4. What's your next step in stepping toward your writing dream? I think, now that the initiation into the rejection letter club has worn off, I would like to send that same manuscript to some other publishing houses. Why not work on building my collection of letters, right? :) And I keep having to remind myself that it only takes ONE person to like what you wrote for you to get published. So I'm hoping that person is in my near future. I'm also going to continue to hone my writing skills through writing and submitting articles as well as through blogging. I've also been contacted by a few of the schools that I spoke at last year to schedule something for this fall, which is exciting.
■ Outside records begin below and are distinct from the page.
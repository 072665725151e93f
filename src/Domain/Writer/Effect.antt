-- ===== src/Domain/Writer/Effect.antt =====
-- What `put` and `erase` of the service do to the view of an exact store.
use mastomini.Prelude.{
  ◌≡◌, refl, Bool, true, false, Option, none, some, ◌==◌, Result, ok, err, inl, inr, Result-cases,
  Bool-cases,
}
use mastomini.Prelude.Bytes.{Bytes}
use mastomini.Prelude.Word.{u64_max}
use mastomini.Store.Base.{Ns, StoreError, bad_key, value_too_large, full, io, corrupt}
use mastomini.Store.Key.{Key}
use mastomini.Store.Trait.{Store}
use mastomini.Store.Contract.{View, IsKey, Unchanged, Updated, Writes, IsStore, IsExact, is_refusal}
use mastomini.Domain.Base.{Error}
use mastomini.Domain.Codec.{Kind, encode}
use mastomini.Domain.Writer.{Service, writable, mapped, map_store_error, stored, put, erase}
use mastomini.Domain.Writer.Step.{stored-eq, stored-refused}

-- The ids are used up.
abbrev pub is_exhausted : {S A : Type 0} → Service S A → Bool
is_exhausted s = s.ids.last == u64_max

module _ {S : Type 0} (IsValid : S → Type 0) (view : S → View) where
  -- A write that succeeds makes `New` of the view, one that fails latches the service, or `Old` holds.
  abbrev pub Effect :
      {A : Type 0}
      → (View → View → Type 0)
      → (View → View → Type 0)
      → Service S A
      → Result Error (Unit {0}) × Service S A
      → Type 0
  Effect New Old s (ok _, s') =
      IsValid s'.store
      × (s'.ids ≡ s.ids)
      × (is_exhausted s ≡ false)
      × (s'.latched ≡ s.latched)
      × New (view s.store) (view s'.store)
  Effect New Old s (err _, s') =
      IsValid s'.store
      × (s'.ids ≡ s.ids)
      × (s'.latched ≡ none → (s.latched ≡ none) × Old (view s.store) (view s'.store))

  -- The same of the store's own method.
  abbrev Did :
      (View → View → Type 0)
      → (View → View → Type 0)
      → S
      → Result StoreError (Unit {0}) × S
      → Type 0
  Did New Old s (ok _, s') = IsValid s' × New (view s) (view s')
  Did New Old s (err e, s') = IsValid s' × (is_refusal e ≡ true → Old (view s) (view s'))

  pub writable-fresh : {A : Type 0} (s : Service S A) → writable s ≡ ok tt → is_exhausted s ≡ false
  unfolding writable
  writable-fresh s h = elim (Bool-cases (is_exhausted s)) [
    | inl used ↦ absurd (cc (rw (used, writable) at h))
    | inr left ↦ left
  ]

  writable-latched_none :
      {A : Type 0} (s : Service S A) (e : Error)
      → writable s ≡ err e
      → s.latched ≡ none
      → is_exhausted s ≡ true
  unfolding writable
  writable-latched_none s e h n = elim (Bool-cases (is_exhausted s)) [
    | inl used ↦ used
    | inr left ↦ absurd (cc (rw (left, n, writable) at h))
  ]

  module _ {A : Type 0} (New Old : View → View → Type 0) where
    mapped-Effect :
        (r : Result StoreError (Unit {0})) (after : S) (s : Service S A)
        → is_exhausted s ≡ false
        → Did New Old s.store (r, after)
        → Effect New Old s (mapped r (record s { store = after }))
    unfolding mapped map_store_error
    mapped-Effect (ok _) after s f (v, new) = (v, refl, f, refl, new)
    mapped-Effect (err bad_key) after s f (v, old) = (v, refl, λ n. (n, old refl))
    mapped-Effect (err value_too_large) after s f (v, old) = (v, refl, λ n. (n, old refl))
    mapped-Effect (err full) after s f (v, old) = (v, refl, λ n. (n, old refl))
    mapped-Effect (err (io m)) after s f (v, old) = (v, refl, λ n. absurd (cc n))
    mapped-Effect (err (corrupt m)) after s f (v, old) = (v, refl, λ n. absurd (cc n))

    stored-Effect :
        (write : S → Result StoreError (Unit {0}) × S) (s : Service S A)
        → IsValid s.store
        → (is_exhausted s ≡ true → Old (view s.store) (view s.store))
        → Did New Old s.store (write s.store)
        → Effect New Old s (stored write s)
    stored-Effect write s v idle did = elim (Result-cases (writable s)) [
      | inl (_, e) ↦
          rw (stored-eq write s e)
            (mapped-Effect (write s.store).0 (write s.store).1 s (writable-fresh s e) did)
      | inr (e, h) ↦
          rw (stored-refused write s e h) (v, refl, λ n. (n, idle (writable-latched_none s e h n)))
    ]

-- A value is written in its encoding.
abbrev pub Put : {T : Type 0} → (T → Option Bytes) → Ns → Key → Kind → T → View → View → Type 0
Put to_allocvec ns k kind value v w =
    (bytes : Bytes) × (encode to_allocvec kind value ≡ ok bytes) × Updated (ns, k) (some bytes) v w

-- What an `erase` that fails may leave: nothing, when the ids are used up.
abbrev pub Kept : {S A : Type 0} → Service S A → View → View → Type 0
Kept s v w = (is_exhausted s ≡ true) × Unchanged v w

module _ {S T : Type 0} (ops : Store S) (IsValid : S → Type 0) (view : S → View)
    (store : IsStore ops IsValid view) (exact : IsExact ops IsValid view)
    (to_allocvec : T → Option Bytes) where
  set_bytes-Did :
      (ns : Ns) (k : Key) (kind : Kind) (value : T) (bytes : Bytes) (s : S)
      → IsKey k
      → IsValid s
      → encode to_allocvec kind value ≡ ok bytes
      → Did IsValid view (Put to_allocvec ns k kind value) Unchanged s (ops.set ns k bytes s)
  set_bytes-Did ns k kind value bytes s key v e =
      go (ops.set ns k bytes s).0 (ops.set ns k bytes s).1 (store.set_valid ns k bytes s key v)
        (store.set_writes ns k bytes s v) (λ error h. store_exact error h)
    where
      store_exact :
          (error : StoreError)
          → (ops.set ns k bytes s).0 ≡ err error
          → is_refusal error ≡ true
          → Unchanged (view s) (view (ops.set ns k bytes s).1)
      store_exact error h = exact.set_exact ns k bytes s error v h

      go :
          (r : Result StoreError (Unit {0})) (after : S)
          → IsValid after
          → Writes (ns, k) (some bytes) (view s) r (view after)
          → ((error : StoreError)
              → r ≡ err error
              → is_refusal error ≡ true
              → Unchanged (view s) (view after))
          → Did IsValid view (Put to_allocvec ns k kind value) Unchanged s (r, after)
      go (ok _) after v' w x = (v', (bytes, e, w))
      go (err error) after v' w x = (v', x error refl)

  written-Did :
      (ns : Ns) (k : Key) (kind : Kind) (value : T) (s : S) (r : Result StoreError Bytes)
      → encode to_allocvec kind value ≡ r
      → IsKey k
      → IsValid s
      → Did IsValid view
          (Put to_allocvec ns k kind value)
          Unchanged
          s
          (elim r as (λ _. Result StoreError (Unit {0}) × S) [
            | err e ↦ (err e, s)
            | ok bytes ↦ ops.set ns k bytes s
          ])
  written-Did ns k kind value s (ok bytes) e key v = set_bytes-Did ns k kind value bytes s key v e
  written-Did ns k kind value s (err error) e key v = (v, λ _ at. refl)

  pub put-Effect :
      {A : Type 0} (ns : Ns) (k : Key) (kind : Kind) (value : T) (s : Service S A)
      → IsKey k
      → IsValid s.store
      → Effect IsValid view
          (Put to_allocvec ns k kind value)
          Unchanged
          s
          (put ops to_allocvec ns k kind value s)
  unfolding put
  put-Effect ns k kind value s key v =
      stored-Effect IsValid view (Put to_allocvec ns k kind value) Unchanged _ _ v (λ _ at. refl)
        (written-Did ns k kind value s.store (encode to_allocvec kind value) refl key v)

  erase-Did :
      {A : Type 0} (ns : Ns) (k : Key) (s : Service S A)
      → IsValid s.store
      → Did IsValid view (Updated (ns, k) none) (Kept s) s.store (ops.erase ns k s.store)
  erase-Did ns k s v =
      go (ops.erase ns k s.store).0 (ops.erase ns k s.store).1 (store.erase_valid ns k s.store v)
        (store.erase_writes ns k s.store v) (λ e h. exact.erase_exact ns k s.store e v h)
    where
      go :
          (r : Result StoreError (Unit {0})) (after : S)
          → IsValid after
          → Writes (ns, k) none (view s.store) r (view after)
          → ((e : StoreError) → r ≡ err e → is_refusal e ≡ false)
          → Did IsValid view (Updated (ns, k) none) (Kept s) s.store (r, after)
      go (ok _) after v' w x = (v', w)
      go (err e) after v' w x = (v', λ refused. absurd (cc (x e refl)))

  pub erase-Effect :
      {A : Type 0} (ns : Ns) (k : Key) (s : Service S A)
      → IsValid s.store
      → Effect IsValid view (Updated (ns, k) none) (Kept s) s (erase ops to_allocvec ns k s)
  unfolding erase
  erase-Effect ns k s v =
      stored-Effect IsValid view (Updated (ns, k) none) (Kept s) _ _ v (λ used. (used, λ at. refl))
        (erase-Did ns k s v)
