-- ===== src/Domain/Mirror/Commit.antt =====
-- While the service has not latched, each row in RAM is the record that the store holds: the steps
-- that write, erase or forget one row keep it so.
use mathlib.Core.Path.{subst}
use mastomini.Prelude.{
  ◌≡◌, ◌≢◌, sym, ap, ◌∙◌, true, false, Option, if◌then◌else◌, Result, ok, Bool-cases, inl, inr,
}
use mastomini.Prelude.Bytes.{Bytes}
use mastomini.Prelude.Map.{same, same_refl, same_eq}
use mastomini.Store.Base.{Ns, StoreError}
use mastomini.Store.Key.{Key}
use mastomini.Store.Key.Order.{slot_ord}
use mastomini.Store.Contract.{View, Unchanged, Updated}
use mastomini.Domain.Codec.{encode}
use mastomini.Domain.Keys.{key}
use mastomini.Domain.State.{Rec, State}
use mastomini.Domain.Mirror.{
  some, Row, IsRow, name, ns_of, kind_of, transformed, lookup, key-row_eq, row-cases,
}

-- Where a row is stored.
abbrev pub slot : Row → Key → Ns × Key
slot row k = (ns_of row, k)

-- A change of the state that sets one row and leaves every other one.
abbrev pub SetsRow : Row → Option Rec → (State → State) → Type 0
SetsRow row o f =
    (st : State) → (lookup row (f st) ≡ o) × ((q : Row) → q ≢ row → lookup q (f st) ≡ lookup q st)

-- A change of the state that leaves every row.
abbrev pub IsSame : (State → State) → Type 0
IsSame f = (st : State) (q : Row) → lookup q (f st) ≡ lookup q st

-- Every row is in the range of its table.
abbrev pub IsIn : State → Type 0
IsIn st = (row : Row) (rec : Rec) → lookup row st ≡ some rec → IsRow row

pub set-IsIn :
    (row : Row) (o : Option Rec) (f : State → State) (st : State)
    → IsRow row
    → SetsRow row o f
    → IsIn st
    → IsIn (f st)
set-IsIn row o f st hr set h q rec e = elim (row-cases q) [
  | inl is ↦ is
  | inr isnt ↦
      h q rec (sym ((set st).1 q (λ same_row. isnt (subst (λ r. IsRow r) (sym same_row) hr))) ∙ e)
]

pub same-IsIn : (f : State → State) (st : State) → IsSame f → IsIn st → IsIn (f st)
same-IsIn f st same_rows h q rec e = h q rec (sym (same_rows st q) ∙ e)

module _ (to_allocvec : Rec → Option Bytes) where
  abbrev pub encoded : Row → Option Rec → Option (Result StoreError Bytes)
  encoded row o = transformed (encode to_allocvec (kind_of row)) o

  -- Every row in RAM is what the view holds under its key, encoded.
  abbrev pub IsMirror : View → State → Type 0
  IsMirror v st =
      (row : Row)
      → IsRow row
      → (k : Key) → key (name row) ≡ ok k
      → transformed ok (v (slot row k)) ≡ encoded row (lookup row st)

  pub set-IsMirror :
      (row : Row) (o : Option Rec) (ob : Option Bytes) (f : State → State) (k : Key) (v w : View)
      (st : State)
      → IsRow row
      → key (name row) ≡ ok k
      → SetsRow row o f
      → Updated (slot row k) ob v w
      → transformed ok ob ≡ encoded row o
      → IsMirror v st
      → IsMirror w (f st)
  set-IsMirror row o ob f k v w st hr made set up image m q hq j made_q =
      elim (Bool-cases (same (slot row k) (slot q j))) [
        | inl hit ↦
            let at : slot row k ≡ slot q j = same_eq (slot row k) (slot q j) hit in
            let row_q : row ≡ q =
              key-row_eq row q hr hq (made ∙ ap (λ (a : Ns × Key). ok a.1) at ∙ sym made_q) in
            ap (transformed ok) (up (slot q j) ∙ ap (λ b. if b then ob else v (slot q j)) hit)
            ∙ image
            ∙ ap (encoded row) (sym (set st).0)
            ∙ ap (λ (r : Row). encoded r (lookup r (f st))) row_q
        | inr miss ↦
            ap (transformed ok) (up (slot q j) ∙ ap (λ b. if b then ob else v (slot q j)) miss)
            ∙ m q hq j made_q
            ∙ ap (encoded q) (sym ((set st).1 q (other miss)))
      ]
    where
      ok_eq : {a b : Key} → ◌≡◌ {A = Result StoreError Key} (ok a) (ok b) → a ≡ b
      ok_eq e = cc

      other : same (slot row k) (slot q j) ≡ false → q ≢ row
      other miss e =
          let j_k : j ≡ k = ok_eq (sym made_q ∙ ap (λ (r : Row). key (name r)) e ∙ made) in
          let hit : same (slot row k) (slot q j) ≡ true =
            rw (j_k, ap ns_of e) (same_refl (slot row k)) in
          cc (sym hit ∙ miss)

  -- It stays one while the view changes beside the rows, and the state does.
  pub agree-IsMirror :
      (v w : View) (s t : State)
      → ((q : Row) (j : Key) → w (slot q j) ≡ v (slot q j))
      → ((q : Row) → lookup q t ≡ lookup q s)
      → IsMirror v s
      → IsMirror w t
  agree-IsMirror v w s t kept same_rows m q hq j made =
      ap (transformed ok) (kept q j) ∙ m q hq j made ∙ ap (encoded q) (sym (same_rows q))

  pub keep-IsMirror :
      (v w : View) (s t : State)
      → Unchanged v w
      → ((q : Row) → lookup q t ≡ lookup q s)
      → IsMirror v s
      → IsMirror w t
  keep-IsMirror v w s t kept = agree-IsMirror v w s t (λ q j. kept (slot q j))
5. You're a teacher, what's the best part of the beginning of the school year for you? You know, personally, I'm really a creature of habit and I do not prefer change. So the first week of school (which is this week) is never my favorite. I love meeting my new students and their parents, but I miss the students who moved on to the 5th grade. The new students in 4th grade don't know how things run in our room, they don't know me, and I don't know them. But it doesn't take long for us to get comfortable around each other- 8 hours a day 5 days a week will get you familiar with each other real quick! I guess my favorite part of the beginning of the year is that all of my jokes are fresh, so the kids don't roll their eyes at my dorky sense of humor....yet. It's coming though. Nine year olds have a surprising low tolerance for bad jokes. Which is unfortunate because I have a large bank of lame jokes at my disposal. But at least at the beginning of the year the students are nervous enough and polite enough to give me courtesy laughs. :) An example, you ask? Well alright. If you insist. What did the zero say to the eight?NICE BELT! Ha- that's my favorite one. I think I'll tell the kids that one tomorrow.